▶ **WHAT THE TASK ASKS**
In the data below, which lines hold "SiteFact"? Copy every one.
►
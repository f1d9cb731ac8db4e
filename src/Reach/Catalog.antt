-- ===== src/Reach/Catalog.antt =====
-- The recovered graph, the facts of a catalog and their validators.
use chip_chain_v.Prelude.{
  ℕ, ℕ_eq, ◌+◌, ltb, String, String_eq, Bool, true, false, not, ◌&&◌, ◌||◌, ◌==◌, is_some,
  option_eq, iff, Option, none, some, List, map, all, contains, find_first, length, is_nonempty,
  if◌then◌else◌, Result, ◌>>◌, ◌>>=◌, require, traverse,
}
use text.Mathlib.Text.{starts_with}
use chip_chain_v.Capability.{is_distinct, is_subset}

-- `SourceIdentities`, without the constants of its configuration.
pub record SourceIdentities : Type 0 where
  pub case_id : String
  pub elf_artifact_id : String
  pub elf_sha256 : String
  pub elf_size : ℕ
  pub a2_sha256 : String
  pub a3_sha256 : String
  pub a4_sha256 : String
  pub address_policy : String
  pub function_starts : List ℕ

pub data BindingStatus : Type 0 where
  exact missing conflict : BindingStatus

abbrev pub is_exact : BindingStatus → Bool
is_exact exact = true
is_exact _ = false

-- `StaticFunctionBinding`
pub record FunctionBinding : Type 0 where
  pub function_id : String
  pub expected_entry_address : ℕ
  pub angr_raw_address : Option ℕ
  pub angr_canonical_address : Option ℕ
  pub binding_status : BindingStatus

-- The validator `binding`.
unfoldable pub check_binding : FunctionBinding → Result (Unit {0})
check_binding b = do
  require
      (not (is_exact b.binding_status)
        || is_some b.angr_raw_address
          && option_eq b.angr_canonical_address (some b.expected_entry_address))
      "Exact binding requires matching entry"
  require
      (is_exact b.binding_status
        || not (is_some b.angr_raw_address) && not (is_some b.angr_canonical_address))
      "Missing/conflicting binding cannot select an entry"

pub record CfgNode : Type 0 where
  pub node_id : String
  pub raw_address : ℕ
  pub canonical_address : ℕ
  pub size : ℕ
  pub function_canonical_address : Option ℕ
  pub instruction_addresses : List ℕ

pub record CfgEdge : Type 0 where
  pub edge_id : String
  pub source_node_id : String
  pub target_node_id : String
  pub source_address : ℕ
  pub target_address : ℕ
  pub instruction_address : Option ℕ
  pub jumpkind : String
  pub edge_kind : String

pub record FunctionEdge : Type 0 where
  pub edge_id : String
  pub source_address : ℕ
  pub target_address : ℕ

pub record TransferComparison : Type 0 where
  pub relation_id : String
  pub site_address : ℕ
  pub a4_kind : String
  pub a4_status : String
  pub angr_successor_addresses : List ℕ
  pub angr_jumpkinds : List String
  pub successor_edge_ids : List String
  pub comparison_status : String

-- `FirmwareAngrCFGResult`
pub record Cfg : Type 0 where
  pub identities : SourceIdentities
  pub function_bindings : List FunctionBinding
  pub nodes : List CfgNode
  pub edges : List CfgEdge
  pub function_edges : List FunctionEdge
  pub transfer_comparisons : List TransferComparison

unfoldable pub normalize_jumpkind : String → String
normalize_jumpkind k =
    if k == "Ijk_Call"
    then "call"
    else if k == "Ijk_Boring"
    then "branch"
    else if k == "Ijk_Ret"
    then "return"
    else if k == "Ijk_FakeRet"
    then "fakeret"
    else if starts_with k "Ijk_Sys"
    then "syscall"
    else "unknown"

-- `nodes.get(id)`, where the identifiers are distinct.
abbrev pub node_named : List CfgNode → String → Option CfgNode
node_named nodes i = find_first (λ n. n.node_id == i) nodes

-- `edges.get(id)` and `function_edges.get(id)`.
abbrev pub edge_named : List CfgEdge → String → Option CfgEdge
edge_named edges i = find_first (λ x. x.edge_id == i) edges

abbrev pub function_edge_named : List FunctionEdge → String → Option FunctionEdge
function_edge_named edges i = find_first (λ x. x.edge_id == i) edges

abbrev has_address : Option CfgNode → ℕ → Bool
has_address none address = false
has_address (some n) address = n.canonical_address == address

-- The body of the loop over the edges.
unfoldable pub check_edge : List CfgNode → CfgEdge → Result (Unit {0})
unfolding normalize_jumpkind
check_edge nodes x = do
  require
      (is_some (node_named nodes x.source_node_id) && is_some (node_named nodes x.target_node_id))
      "Edge node missing"
  require
      (has_address (node_named nodes x.source_node_id) x.source_address
        && has_address (node_named nodes x.target_node_id) x.target_address)
      "Edge address mismatch"
  require (x.edge_kind == normalize_jumpkind x.jumpkind) "Jumpkind mismatch"

-- `len({...}) == len(objects)` for each kind of object.
abbrev pub identifiers_ok : Cfg → Bool
identifiers_ok c =
    is_distinct (map (λ n. n.node_id) c.nodes)
    && is_distinct (map (λ x. x.edge_id) c.edges)
    && is_distinct (map (λ x. x.edge_id) c.function_edges)
    && is_distinct (map (λ b. b.function_id) c.function_bindings)
    && is_distinct (map (λ t. t.relation_id) c.transfer_comparisons)

-- The validator `references`.
unfoldable pub check_cfg : Cfg → Result (Unit {0})
unfolding check_edge
check_cfg c = do
  require (identifiers_ok c) "Duplicate graph identity"
  done ← traverse (check_edge c.nodes) c.edges
  require
      (all (λ t. is_subset t.successor_edge_ids (map (λ x. x.edge_id) c.edges))
        c.transfer_comparisons)
      "Comparison references missing edge"

pub data FunctionStatus : Type 0 where
  reachable_static not_found_within_bound : FunctionStatus
  source_mapping_missing target_mapping_missing : FunctionStatus

abbrev pub is_reachable : FunctionStatus → Bool
is_reachable reachable_static = true
is_reachable _ = false

-- `StaticFunctionReachabilityFact`; of the capabilities one is not constant.
pub record FunctionFact : Type 0 where
  pub source_function_id : String
  pub target_function_id : String
  pub status : FunctionStatus
  pub witness_function_addresses : List ℕ
  pub witness_edge_ids : List String
  pub path_edge_count : ℕ
  pub supports_static_reachability : Bool
  pub limitations : List String

-- Its validator `witness`.
unfoldable pub check_function_fact : FunctionFact → Result (Unit {0})
check_function_fact f = do
  require (iff f.supports_static_reachability (is_reachable f.status)) "Static capability mismatch"
  require
      (not (is_reachable f.status)
        || ltb 0 f.path_edge_count
          && f.path_edge_count == length f.witness_edge_ids
          && length f.witness_function_addresses == f.path_edge_count + 1)
      "Invalid function witness"
  require
      (is_reachable f.status
        || not (
            is_nonempty f.witness_function_addresses
            || is_nonempty f.witness_edge_ids
            || ltb 0 f.path_edge_count))
      "Negative/missing query cannot carry witness"
  require
      (contains f.limitations "static_only"
        && (is_reachable f.status || contains f.limitations "not_negative_proof"))
      "Static query limitations missing"

pub data SiteStatus : Type 0 where
  owner_mapping_missing source_mapping_missing reachable_static_no_fakeret : SiteStatus
  reachable_static_with_fakeret not_found_in_cfg : SiteStatus

-- `self.status.startswith('reachable_static_')`
abbrev pub is_positive : SiteStatus → Bool
is_positive SiteStatus.reachable_static_no_fakeret = true
is_positive SiteStatus.reachable_static_with_fakeret = true
is_positive _ = false

abbrev pub with_fakeret : SiteStatus → Bool
with_fakeret SiteStatus.reachable_static_with_fakeret = true
with_fakeret _ = false

-- `StaticSiteReachabilityFact`
pub record SiteFact : Type 0 where
  pub site_id : String
  pub site_address : ℕ
  pub site_kind : String
  pub owner_function_id : Option String
  pub status : SiteStatus
  pub witness_node_ids : List String
  pub witness_edge_ids : List String
  pub uses_fakeret : Bool
  pub angr_owner_addresses : List ℕ
  pub supports_static_reachability : Bool
  pub limitations : List String

-- Its validator `witness`.
unfoldable pub check_site_fact : SiteFact → Result (Unit {0})
check_site_fact s = do
  require
      (iff s.supports_static_reachability (is_positive s.status)
        && iff s.uses_fakeret (with_fakeret s.status))
      "Site capability/status mismatch"
  require
      (not (is_positive s.status)
        || is_nonempty s.witness_node_ids
          && length s.witness_node_ids == length s.witness_edge_ids + 1)
      "Invalid site witness"
  require
      (is_positive s.status
        || not (is_nonempty s.witness_node_ids || is_nonempty s.witness_edge_ids))
      "Non-positive site has witness"
  require
      (contains s.limitations "static_only"
        && (not s.uses_fakeret || contains s.limitations "assumes_callee_returns")
        && (is_positive s.status || contains s.limitations "not_negative_proof"))
      "Site limitations missing"

-- `FirmwareStaticReachabilityCatalog`
pub record ReachabilityCatalog : Type 0 where
  pub identities : SourceIdentities
  pub cfg_sha256 : String
  pub max_function_path_edges : ℕ
  pub max_site_path_edges : ℕ
  pub function_reachability : List FunctionFact
  pub site_reachability : List SiteFact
◄
▶ **REPLY TO THE EXERCISE**
pub record SiteFact : Type 0 where
unfoldable pub check_site_fact : SiteFact → Result (Unit {0})
  pub site_reachability : List SiteFact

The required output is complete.